EdgeNGramTokenizer Class

Tokenizes the input from an edge into n-grams of the given size(s). This tokenizer is implemented using Apache Lucene.

All required parameters must be populated in order to send to Azure.

Inheritance
azure.search.documents.indexes._generated.models._models_py3.LexicalTokenizer
EdgeNGramTokenizer

Constructor

EdgeNGramTokenizer(*, name: str, min_gram: Optional[int] = 1, max_gram: Optional[int] = 2, token_chars: Optional[List[Union[str, azure.search.documents.indexes._generated.models._search_client_enums.TokenCharacterKind]]] = None, **kwargs)

Parameters

odata_type
str
Required

Required.
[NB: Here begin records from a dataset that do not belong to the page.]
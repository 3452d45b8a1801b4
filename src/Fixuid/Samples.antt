-- ===== src/Fixuid/Samples.antt =====
-- An entrypoint of one word, and a Dockerfile of two stages.
use docker_devbox_ddb.Prelude.{String, none, some, List, [], ◌∷◌, ◌==◌, if◌then◌else◌, ◌≡◌, refl}
use docker_devbox_ddb.Fixuid.{
  Texts, get_last_instruction, last_from, entrypoint, cmd, get_cmd_and_entrypoint, parse_entrypoint,
  print_entrypoint, join_words, add_fixuid_entrypoint, remove_fixuid_entrypoint,
}
use docker_devbox_ddb.Fixuid.Round.{IsJson, remove-add_fixuid_entrypoint}

abbrev dumps : List String → String
dumps [] = "[]"
dumps (a ∷ []) = "[app]"
dumps (a ∷ b ∷ words) = "[fixuid, -q, app]"

abbrev texts : Texts
texts = record {
  loads = λ text. if text == "[app]" then "app" ∷ [] else "fixuid" ∷ "-q" ∷ "app" ∷ [];
  dumps = dumps;
  split = λ text. text ∷ [];
  unquote = λ text. ("'", "app", "'");
}

abbrev app_IsJson : IsJson texts ("app" ∷ [])
app_IsJson = record { bracket = refl; filled = refl; loads-dumps = refl }

abbrev fixuid_IsJson : IsJson texts ("fixuid" ∷ "-q" ∷ "app" ∷ [])
fixuid_IsJson = record { bracket = refl; filled = refl; loads-dumps = refl }

quoted : add_fixuid_entrypoint texts (some "'app'") ≡ "'fixuid -q app'"
unfolding add_fixuid_entrypoint parse_entrypoint print_entrypoint join_words
quoted = refl

-- The command of the base image is not taken where the Dockerfile has an entrypoint.
last_stage :
    get_cmd_and_entrypoint texts
      (record { instruction = "FROM"; value = "a" }
        ∷ record { instruction = "CMD"; value = "first" }
        ∷ record { instruction = "FROM"; value = "b" }
        ∷ record { instruction = "ENTRYPOINT"; value = "app" }
        ∷ [])
      (some (record { image_entrypoint = none; image_cmd = some ("sh" ∷ []) }))
    ≡ (none, some "app")
unfolding get_cmd_and_entrypoint entrypoint cmd get_last_instruction last_from
last_stage = refl

remove-add_fixuid_entrypoint_example :
    (add_fixuid_entrypoint texts (some "[app]") ≡ "[fixuid, -q, app]")
    × (add_fixuid_entrypoint texts (some (add_fixuid_entrypoint texts (some "[app]")))
        ≡ add_fixuid_entrypoint texts (some "[app]"))
    × (remove_fixuid_entrypoint texts (some (add_fixuid_entrypoint texts (some "[app]"))) ≡ "[app]")
remove-add_fixuid_entrypoint_example =
    remove-add_fixuid_entrypoint texts ("app" ∷ []) app_IsJson fixuid_IsJson refl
Identifies the concrete type of the tokenizer.Constant filled by server.

name
str
Required

Required. The name of the tokenizer. It must only contain letters, digits, spaces, dashes or underscores, can only start and end with alphanumeric characters, and is limited to 128 characters.

min_gram
int
Required

The minimum n-gram length. Default is 1. Maximum is 300. Must be less than the value of maxGram.

max_gram
int
Required

The maximum n-gram length. Default is 2. Maximum is 300.

token_chars
list[str or TokenCharacterKind]
Required

Character classes to keep in the tokens.